WASHINGTON, January 12, 2011 (AFP) – News Corp. and Apple are to unveil The Daily next week, a digital newspaper for the iPad, the tablet computer Rupert Murdoch hopes may emerge as the savior of the struggling news industry.

A source familiar with News Corp.’s plans said The Daily, which has been the object of months of top secret development at News Corp., will be introduced at an event in San Francisco on January 19.

According to News Corp.-owned Dow Jones, Murdoch, News Corp.’s chairman and chief executive, and Apple head Steve Jobs are to personally take part in the event at the San Francisco Museum of Modern Art.

Dow Jones also said Murdoch showed The Daily to select attendees at last week’s Consumer Electronics Show in Las Vegas.

News Corp. has been tight-lipped about the project but Murdoch acknowledged its existence for the first time in an interview in November, listing it as one of the “exciting projects” his media and entertainment company was working on.

Forbes magazine has put the total staff on the project at around 150 and said News Corp. has budgeted 30 million dollars for the first year of the launch.

The Daily would bring together three of Murdoch’s passions – newspapers, the iPad and finding a way to charge readers for content online in an era of shrinking newspaper circulation and eroding print advertising revenue.

In an interview in April with The Kalb Report, Murdoch called the iPad a “glimpse of the future.”

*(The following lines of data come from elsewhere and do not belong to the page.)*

-- ===== src/Connection.antt =====
-- One session (server/gameserver/socketio/connection.cpp), on its strand: its outbox, its flags, the
-- window of its rate limit and its rooms. What it asks of the hub and of the installed handlers is
-- recorded in order; what a handler posts comes later, as a step of its own. The WebSocket pumps, the
-- timers and the log are not modelled. Times are milliseconds.
pub mod Laws
pub mod Once
use studio_bondage_club.Prelude.{
  ℕ, zero, suc, ◌+◌, ◌-◌, Bool, true, false, not, ◌&&◌, ◌||◌, Option, none, some, List, [], ◌∷◌,
  ◌++◌, Str, codes, leb, ltb, ◌==◌, length, any, reject, map, drop, replicate, if◌then◌else◌,
  str_eq,
}
use studio_bondage_club.Json.{JsonLib}
use studio_bondage_club.Wire.{
  Packet, PacketType, open_packet, close_packet, ping_packet, pong_packet, message_packet,
  upgrade_packet, noop_packet, type_digit, encode, message, parse_packet, encode_payload,
  decode_payload,
}
use studio_bondage_club.Wire.Event.{Message, connect_packet, encode_event, parse}

module _ (J : JsonLib) (dump : J.Json → Str) (parse_json : Str → Option J.Json) where
  open J use {Json, of_str}

  -- Calls of the hub and of the handlers.
  pub data Call : Type 0 where
    connected : Call
    handled : Str → Json → Call
    disconnected : Str → Call
    left_room : Str → Call
    removed : Call

  pub record Connection : Type 0 where
    pub sid : Str
    pub outbox : List Str
    pub sio_connected : Bool
    pub closing : Bool
    pub awaiting_pong : Bool
    pub ws_mode : Bool
    pub rooms : List Str
    pub msg_bucket : List ℕ
    pub calls : List Call

  unfoldable pub push_locked : Str → Connection → Connection
  push_locked packet c = record c { outbox = c.outbox ++ packet ∷ [] }

  -- What `enqueue_eio` posts.
  unfoldable pub enqueue_eio : Str → Connection → Connection
  enqueue_eio packet c = if c.closing then c else push_locked packet c

  unfoldable pub emit : Str → Json → Connection → Connection
  emit event content c = enqueue_eio (message (encode_event J dump parse_json event content)) c

  abbrev pub one : PacketType → Str
  one t = type_digit t ∷ []

  -- One round of `drain_for_poll`; with no body it parks.
  unfoldable pub drain_for_poll : Connection → Option Str × Connection
  drain_for_poll c = if c.ws_mode then (some (one noop_packet), c) else drain c.outbox
    where
      drain : List Str → Option Str × Connection
      drain [] = (if c.closing then some (one close_packet) else none, c)
      drain (p ∷ ps) = (some (encode_payload (p ∷ ps)), record c { outbox = [] })

  unfoldable pub do_disconnect : Str → Connection → Connection
  do_disconnect reason c = if c.closing then c else record c {
    closing = true;
    rooms = [];
    calls = c.calls ++ (disconnected reason ∷ (map left_room c.rooms ++ removed ∷ []));
  }

  unfoldable pub disconnect : Connection → Connection
  disconnect c =
      if c.closing
      then c
      else do_disconnect (codes "server namespace disconnect") (push_locked (message (b'1' ∷ [])) c)

  unfoldable pub note_joined : Str → Connection → Connection
  note_joined room c = record c {
    rooms = if any (str_eq room) c.rooms then c.rooms else c.rooms ++ room ∷ [];
  }

  unfoldable pub note_left : Str → Connection → Connection
  note_left room c = record c { rooms = reject (str_eq room) c.rooms }

  -- The window is cut, or filled up with zeros, to the limit.
  unfoldable pub resized : ℕ → List ℕ → List ℕ
  resized limit bucket = replicate (limit - length bucket) 0 ++ drop (length bucket - limit) bucket

  slide : ℕ → List ℕ → ℕ × List ℕ
  slide now [] = (0, now ∷ [])
  slide now (t ∷ ts) = (t, ts ++ now ∷ [])

  unfoldable pub window : ℕ → ℕ → List ℕ → ℕ × List ℕ
  unfolding slide
  window limit now bucket = slide now (resized (if leb 1 limit then limit else 1) bucket)

  unfoldable pub dispatch_event : ℕ → ℕ → Str → Json → Connection → Connection
  dispatch_event limit now event content c =
      let w = window limit now c.msg_bucket in
      if leb now (w.0 + 1000)
      then do_disconnect (codes "rate limited") (
          push_locked
            (message (
              encode_event J dump parse_json (codes "ForceDisconnect")
                (of_str (codes "ErrorRateLimited"))))
            (record c { msg_bucket = w.1 }))
      else record c { msg_bucket = w.1; calls = c.calls ++ handled event content ∷ [] }

  dispatched : ℕ → ℕ → Option (Option (Message J dump parse_json)) → Connection → Option Connection
  dispatched limit now none c = none
  dispatched limit now (some none) c = some c
  dispatched limit now (some (some msg)) c =
      some (if msg.is_event then dispatch_event limit now msg.event msg.content c else c)

  -- `none` is the exception of `std::stoi`.
  unfoldable pub handle_sio_payload : ℕ → ℕ → Str → Connection → Option Connection
  unfolding dispatched
  handle_sio_payload limit now [] c = some c
  handle_sio_payload limit now (t ∷ s) c =
      if t == b'0'
      then some (
          if c.sio_connected
          then c
          else (let d =
                push_locked (message (connect_packet J dump parse_json c.sid))
                  (record c { sio_connected = true }) in
              record d { calls = d.calls ++ connected ∷ [] }))
      else if t == b'1'
      then some (do_disconnect (codes "client namespace disconnect") c)
      else dispatched limit now (parse J dump parse_json (t ∷ s)) c

  on_kind : ℕ → ℕ → PacketType → Str → Connection → Option Connection
  on_kind limit now ping_packet content c =
      some (push_locked (encode (record { kind = pong_packet; content = content })) c)
  on_kind limit now pong_packet content c = some (record c { awaiting_pong = false })
  on_kind limit now message_packet content c = handle_sio_payload limit now content c
  on_kind limit now close_packet content c = some (do_disconnect (codes "transport close") c)
  on_kind limit now open_packet content c = some c
  on_kind limit now upgrade_packet content c = some c
  on_kind limit now noop_packet content c = some c

  on_packet : ℕ → ℕ → Option Packet → Connection → Option Connection
  unfolding on_kind
  on_packet limit now none c = some c
  on_packet limit now (some p) c = on_kind limit now p.kind p.content c

  -- The loop of `ingest`, which stops once the connection closes.
  ingest_all : ℕ → ℕ → List Str → Connection → Option Connection
  unfolding on_packet
  ingest_all limit now [] c = some c
  ingest_all limit now (p ∷ ps) c = elim (on_packet limit now (parse_packet p) c) [
    | none ↦ none
    | some d ↦ if d.closing then some d else ingest_all limit now ps d
  ]

  unfoldable pub ingest : ℕ → ℕ → Str → Connection → Option Connection
  unfolding ingest_all
  ingest limit now body c =
      if c.closing then some c else ingest_all limit now (decode_payload body) c

  -- The two ends of a round of `heartbeat_loop`: after the interval, and after the timeout.
  unfoldable pub send_ping : Connection → Connection
  send_ping c =
      if c.closing then c else push_locked (one ping_packet) (record c { awaiting_pong = true })

  unfoldable pub check_pong : Connection → Connection
  check_pong c =
      if c.closing then c else if c.awaiting_pong then do_disconnect (codes "ping timeout") c else c
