-- ===== src/Connection/Laws.antt =====
-- The laws of a session (connection.cpp): the window of the rate limit, and the end of a session.
use studio_bondage_club.Prelude.{
  ℕ, zero, suc, ◌-◌, ◌≡◌, ◌≤◌, Option, List, [], ◌∷◌, Str, arith, leb, length, length-append,
  length-replicate, drop, replicate, if◌then◌else◌,
}
use studio_bondage_club.Json.{JsonLib}
use studio_bondage_club.Connection
use studio_bondage_club.Connection.{
  do_disconnect, dispatch_event, window, resized, ingest, disconnect, enqueue_eio, check_pong,
  send_ping,
}

length-drop : (n : ℕ) (ts : List ℕ) → length (drop n ts) ≡ length ts - n
length-drop zero ts = omega arith
length-drop (suc n) [] = omega arith
length-drop (suc n) (t ∷ ts) = ground (arith, length-drop n ts)

module _ (J : JsonLib) (dump : J.Json → Str) (parse_json : Str → Option J.Json) where
  length-resized :
      (limit : ℕ) (bucket : List ℕ) → length (resized J dump parse_json limit bucket) ≡ limit
  unfolding resized
  length-resized limit bucket = omega (
    arith,
    length-append {A = ℕ} (replicate (limit - length bucket) 0)
        (drop (length bucket - limit) bucket),
    length-replicate {A = ℕ} (limit - length bucket) 0,
    length-drop (length bucket - limit) bucket,
  )

  length-slide :
      (now : ℕ) (ts : List ℕ)
      → 1 ≤ length ts
      → length (Connection.slide J dump parse_json now ts).1 ≡ length ts
  unfolding Connection.slide
  length-slide now [] h = absurd (omega arith)
  length-slide now (t ∷ ts) h = ground (arith, length-append ts (now ∷ []))

  -- After every event the window has as many entries as the limit, at least one, whatever the limit
  -- was before.
  pub length-window :
      (limit now : ℕ) (bucket : List ℕ)
      → length (window J dump parse_json limit now bucket).1 ≡ (if leb 1 limit then limit else 1)
  unfolding window
  length-window limit now bucket = ground (
    arith,
    length-slide now (resized J dump parse_json (if leb 1 limit then limit else 1) bucket),
    length-resized (if leb 1 limit then limit else 1) bucket,
  )
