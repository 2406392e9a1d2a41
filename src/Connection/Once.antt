-- ===== src/Connection/Once.antt =====
-- A session (connection.cpp) is removed from the hub once, when it closes.
use studio_bondage_club.Prelude.{
  ℕ, suc, ◌+◌, ◌≡◌, refl, ap, ◌∙◌, Bool, true, false, Option, none, some, List, [], ◌∷◌, ◌++◌, Str,
  codes, arith, map, leb, ◌==◌, if◌then◌else◌, Bool-cases, inl, inr,
}
use studio_bondage_club.Json.{JsonLib}
use studio_bondage_club.Connection
use studio_bondage_club.Connection.{
  Call, connected, handled, disconnected, left_room, removed, do_disconnect, dispatch_event,
  handle_sio_payload, ingest, push_locked,
}
use studio_bondage_club.Wire.{
  Packet, PacketType, open_packet, close_packet, ping_packet, pong_packet, message_packet,
  upgrade_packet, noop_packet, decode_payload, parse_packet,
}
use studio_bondage_club.Wire.Event.{Message, parse}

module _ (J : JsonLib) (dump : J.Json → Str) (parse_json : Str → Option J.Json) where
  abbrev Session : Type 0
  Session = Connection.Connection J dump parse_json

  unfoldable pub removals : List (Call J dump parse_json) → ℕ
  removals [] = 0
  removals (removed ∷ cs) = suc (removals cs)
  removals (connected ∷ cs) = removals cs
  removals (handled e d ∷ cs) = removals cs
  removals (disconnected r ∷ cs) = removals cs
  removals (left_room r ∷ cs) = removals cs

  -- The hub was told to remove the session once if it is closing, and else not at all.
  abbrev pub IsOnce : Session → Type 0
  IsOnce c = removals c.calls ≡ (if c.closing then 1 else 0)

  abbrev pub Result : Option Session → Type 0
  Result none = Unit {0}
  Result (some c) = IsOnce c

  removals-append :
      (as' bs : List (Call J dump parse_json)) → removals (as' ++ bs) ≡ removals as' + removals bs
  unfolding removals
  removals-append [] bs = omega arith
  removals-append (removed ∷ cs) bs = ground (arith, removals-append cs bs)
  removals-append (connected ∷ cs) bs = removals-append cs bs
  removals-append (handled e d ∷ cs) bs = removals-append cs bs
  removals-append (disconnected r ∷ cs) bs = removals-append cs bs
  removals-append (left_room r ∷ cs) bs = removals-append cs bs

  removals-left : (rs : List Str) → removals (map left_room rs ++ removed ∷ []) ≡ 1
  unfolding removals
  removals-left [] = refl
  removals-left (r ∷ rs) = removals-left rs

  removals_closed :
      (cs : List (Call J dump parse_json)) (reason : Str) (rs : List Str)
      → removals (cs ++ (disconnected reason ∷ (map left_room rs ++ removed ∷ [])))
        ≡ removals cs + 1
  unfolding removals
  removals_closed cs reason rs =
      removals-append cs (disconnected reason ∷ (map left_room rs ++ removed ∷ []))
      ∙ ap (◌+◌ (removals cs)) (removals-left rs)

  do_disconnect-IsOnce :
      (reason : Str) (c : Session) → IsOnce c → IsOnce (do_disconnect J dump parse_json reason c)
  unfolding do_disconnect removals
  do_disconnect-IsOnce reason c h = elim (Bool-cases c.closing) [
    | inl closed ↦ rw closed (h ∙ ap (λ b. if b then 1 else 0) closed)
    | inr still ↦ rw still (ground (arith, h, still, removals_closed c.calls reason c.rooms))
  ]

  called-IsOnce :
      (e : Str) (d : J.Json) (c : Session)
      → IsOnce c
      → removals (c.calls ++ handled e d ∷ []) ≡ (if c.closing then 1 else 0)
  unfolding removals
  called-IsOnce e d c h = ground (arith, h, removals-append c.calls (handled e d ∷ []))

  dispatch_event-IsOnce :
      (limit now : ℕ) (event : Str) (content : J.Json) (c : Session)
      → IsOnce c
      → IsOnce (dispatch_event J dump parse_json limit now event content c)
  unfolding dispatch_event push_locked
  dispatch_event-IsOnce limit now event content c h =
      elim (Bool-cases
        (leb now ((Connection.window J dump parse_json limit now c.msg_bucket).0 + 1000))) [
          | inl fast ↦ rw fast (do_disconnect-IsOnce (codes "rate limited") _ h)
          | inr slow ↦ rw slow (called-IsOnce event content c h)
        ]

  dispatched-IsOnce :
      (limit now : ℕ) (m : Option (Option (Message J dump parse_json))) (c : Session)
      → IsOnce c
      → Result (Connection.dispatched J dump parse_json limit now m c)
  unfolding Connection.dispatched
  dispatched-IsOnce limit now none c h = tt
  dispatched-IsOnce limit now (some none) c h = h
  dispatched-IsOnce limit now (some (some msg)) c h = elim (Bool-cases msg.is_event) [
    | inl e ↦ rw e (dispatch_event-IsOnce limit now msg.event msg.content c h)
    | inr n ↦ rw n h
  ]

  connect-IsOnce :
      (c : Session) (b : Bool) (out : List Str)
      → IsOnce c
      → IsOnce (
          if b
          then c
          else record c { sio_connected = true; outbox = out; calls = c.calls ++ connected ∷ [] })
  unfolding removals
  connect-IsOnce c true out h = h
  connect-IsOnce c false out h = ground (arith, h, removals-append c.calls (connected ∷ []))

  handle_sio_payload-IsOnce :
      (limit now : ℕ) (payload : Str) (c : Session)
      → IsOnce c
      → Result (handle_sio_payload J dump parse_json limit now payload c)
  unfolding handle_sio_payload push_locked
  handle_sio_payload-IsOnce limit now [] c h = h
  handle_sio_payload-IsOnce limit now (t ∷ s) c h = elim (Bool-cases (t == b'0')) [
    | inl connect ↦ rw connect (connect-IsOnce c c.sio_connected _ h)
    | inr other ↦ elim (Bool-cases (t == b'1')) [
      | inl leave ↦
          rw (other, leave) (do_disconnect-IsOnce (codes "client namespace disconnect") c h)
      | inr event ↦
          rw (other, event) (dispatched-IsOnce limit now (parse J dump parse_json (t ∷ s)) c h)
    ]
  ]

  on_kind-IsOnce :
      (limit now : ℕ) (t : PacketType) (content : Str) (c : Session)
      → IsOnce c
      → Result (Connection.on_kind J dump parse_json limit now t content c)
  unfolding Connection.on_kind push_locked
  on_kind-IsOnce limit now ping_packet content c h = h
  on_kind-IsOnce limit now pong_packet content c h = h
  on_kind-IsOnce limit now message_packet content c h =
      handle_sio_payload-IsOnce limit now content c h
  on_kind-IsOnce limit now close_packet content c h =
      do_disconnect-IsOnce (codes "transport close") c h
  on_kind-IsOnce limit now open_packet content c h = h
  on_kind-IsOnce limit now upgrade_packet content c h = h
  on_kind-IsOnce limit now noop_packet content c h = h

  on_packet-IsOnce :
      (limit now : ℕ) (o : Option Packet) (c : Session)
      → IsOnce c
      → Result (Connection.on_packet J dump parse_json limit now o c)
  unfolding Connection.on_packet
  on_packet-IsOnce limit now none c h = h
  on_packet-IsOnce limit now (some p) c h = on_kind-IsOnce limit now p.kind p.content c h

  Result-if :
      (b : Bool) (d : Session) (o : Option Session)
      → IsOnce d
      → Result o
      → Result (if b then some d else o)
  Result-if true d o h k = h
  Result-if false d o h k = k

  next-IsOnce :
      (limit now : ℕ) (ps : List Str) (o : Option Session)
      → ((d : Session) → IsOnce d → Result (Connection.ingest_all J dump parse_json limit now ps d))
      → Result o
      → Result (elim o [
        | none ↦ none
        | some d ↦
            if d.closing then some d else Connection.ingest_all J dump parse_json limit now ps d
      ])
  next-IsOnce limit now ps none rest h = tt
  next-IsOnce limit now ps (some d) rest h = Result-if d.closing d _ h (rest d h)

  ingest_all-IsOnce :
      (limit now : ℕ) (ps : List Str) (c : Session)
      → IsOnce c
      → Result (Connection.ingest_all J dump parse_json limit now ps c)
  unfolding Connection.ingest_all
  ingest_all-IsOnce limit now [] c h = h
  ingest_all-IsOnce limit now (p ∷ ps) c h =
      next-IsOnce limit now ps (Connection.on_packet J dump parse_json limit now (parse_packet p) c)
        (λ d k. ingest_all-IsOnce limit now ps d k)
        (on_packet-IsOnce limit now (parse_packet p) c h)

  -- A body that is ingested, whatever its packets, leaves a session of which the hub was told to
  -- remove it once if the session is closing and not at all if it is not, if this was so before it; a
  -- body on which an exception escapes is excepted.
  pub ingest-IsOnce :
      (limit now : ℕ) (body : Str) (c : Session)
      → IsOnce c
      → Result (ingest J dump parse_json limit now body c)
  unfolding ingest
  ingest-IsOnce limit now body c h =
      Result-if c.closing c _ h (ingest_all-IsOnce limit now (decode_payload body) c h)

“There’s going to be tens of millions of these things sold all over the world,” he said. “It may be the saving of newspapers because you don’t have the costs of paper, ink, printing, trucks.

“It doesn’t destroy the traditional newspaper, it just comes in a different form,” he said.

Whether Murdoch plans to charge readers a subscription fee for The Daily is not yet known but the News Corp. chief has made making consumers pay for news online his personal crusade.

News Corp.’s The Wall Street Journal requires a subscription for full access to WSJ.com and Britain’s The Times and The Sunday Times, two other News Corp. newspapers, recently erected pay walls around their websites.